Nameconcept-to-exercise
DescriptionGenerate diagnosis exercises from concept descriptions. Use when user wants to teach a technical concept (Python testing, Flask apps, deployment, async code, etc.) by creating a broken→fixed code example and turning it into a diagnosis exercise. Takes a concept description, generates two git commits (before/after fix), then creates an interactive learning exercise using the tech-diagnosis-exercise skill.
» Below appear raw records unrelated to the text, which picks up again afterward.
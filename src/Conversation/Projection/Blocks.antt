-- ===== src/Conversation/Projection/Blocks.antt =====
-- core/conversation/projection.py: the projection as runs of visible items.
use mathlib.Core.List.{append_assoc, map-append}
use zj_cyber_workbench.Prelude.{
  leb, if◌then◌else◌, Bool-cases, string_eq, ◌==◌, nat_eq, not, ◌&&◌, ◌||◌, filter, ℕ, String, ◌≡◌,
  refl, sym, ap, ◌∙◌, inl, inr, Bool, true, false, Option, none, some, List, [], ◌∷◌, ◌++◌, map,
  arith,
}
use zj_cyber_workbench.Json.{Json, null, bool, number, text, array, object, get, is_text}
use zj_cyber_workbench.Conversation.{extract_message_text, is_call, is_output}
use zj_cyber_workbench.Conversation.Formats.{is_internal_context_item}
use zj_cyber_workbench.Conversation.Projection.{
  ProjectionCompaction, ProjectedItem, StoredItem, Viewer, Pending, projected, is_owner_private,
  filter_compacted, after_flush, own_item, summary_first, foreign_item, flush, add_foreign,
  visit_stored, project_from, project_visible, project_context,
}

-- What an agent is shown: nothing of nested calls; its own items; the messages of users, unless
-- they are internal context of another agent; the texts of other agents' messages.
unfoldable pub is_shown : (viewing_agent_code : String) → StoredItem → Bool
is_shown v s =
    let role = get s.item "role" in
    s.nested_for == ""
    && (s.owner_code == v
        || (if is_text "user" role
            then not (is_internal_context_item s.item)
            else is_text "assistant" role
              && is_text "message" (get s.item "type")
              && not (extract_message_text (get s.item "content") == "")))

-- Items that stay as they are, or the run of one other agent's messages.
pub data Block : Type 0 where
  as_is : StoredItem → Block
  run_of : (owner : String) → List StoredItem → Block

abbrev pub stays : (viewing_agent_code : String) → StoredItem → Bool
stays v s = is_text "user" (get s.item "role") || s.owner_code == v

abbrev pub join_run : StoredItem → List Block → List Block
join_run s [] = run_of s.owner_code (s ∷ []) ∷ []
join_run s (as_is t ∷ bs) = run_of s.owner_code (s ∷ []) ∷ as_is t ∷ bs
join_run s (run_of owner ss ∷ bs) =
    if owner == s.owner_code
    then run_of owner (s ∷ ss) ∷ bs
    else run_of s.owner_code (s ∷ []) ∷ run_of owner ss ∷ bs

-- Neighbouring messages of the same other agent form one run.
unfoldable pub blocks : (viewing_agent_code : String) → List StoredItem → List Block
blocks v [] = []
blocks v (s ∷ items) =
    let rest = blocks v items in if stays v s then as_is s ∷ rest else join_run s rest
name: concept-to-exercise description: Generate diagnosis exercises from concept descriptions. Use when user wants to teach a technical concept (Python testing, Flask apps, deployment, async code, etc.) by creating a broken→fixed code example and turning it into a diagnosis exercise. Takes a concept description, generates two git commits (before/after fix), then creates an interactive learning exercise using the tech-diagnosis-exercise skill. license: MIT License - see LICENSE.txt

Concept to Exercise Generator

This skill creates complete diagnosis exercises from concept descriptions by:

  1. Generating realistic code that demonstrates a problem
  2. Creating git commits for broken and fixed states
  3. Invoking tech-diagnosis-exercise to create the learning material

Overview

Input: Description of what you want to teach Output: Complete diagnosis exercise with real code examples

Example request:

Teach the concept of Flask's ProxyFix middleware for handling X-Forwarded headers
when deploying behind a reverse proxy.

What happens:

  1. Creates minimal Flask app that breaks behind a proxy
  2. Commits the broken state
  3. Fixes it with ProxyFix middleware
  4. Commits the fixed state
  5. Generates diagnosis exercise explaining the anatomy of the fix

Core Workflow

Step 1: Understand the Concept

Parse the user's description to identify:

1. Domain/Technology:

  • Python testing (pytest, fixtures, mocking, parametrization)
  • Flask apps (routing, middleware, extensions, deployment)
  • Infrastructure (Docker, environment variables, networking)
  • Async code (asyncio, aiohttp, async patterns)
  • Database (SQLAlchemy, migrations, transactions)
  • API clients (requests, authentication, error handling)

2. The Core Concept:

  • What specific thing are we teaching?
  • What's the "aha moment" we want to create?
  • What misunderstanding does this address?

3. The Problem Pattern:

  • What symptom should the learner observe?
  • What's the environmental context?
  • What makes it non-obvious?

4. The Fix:

  • What changes are needed?
  • What layers are involved?
  • What's the minimal fix that teaches the concept?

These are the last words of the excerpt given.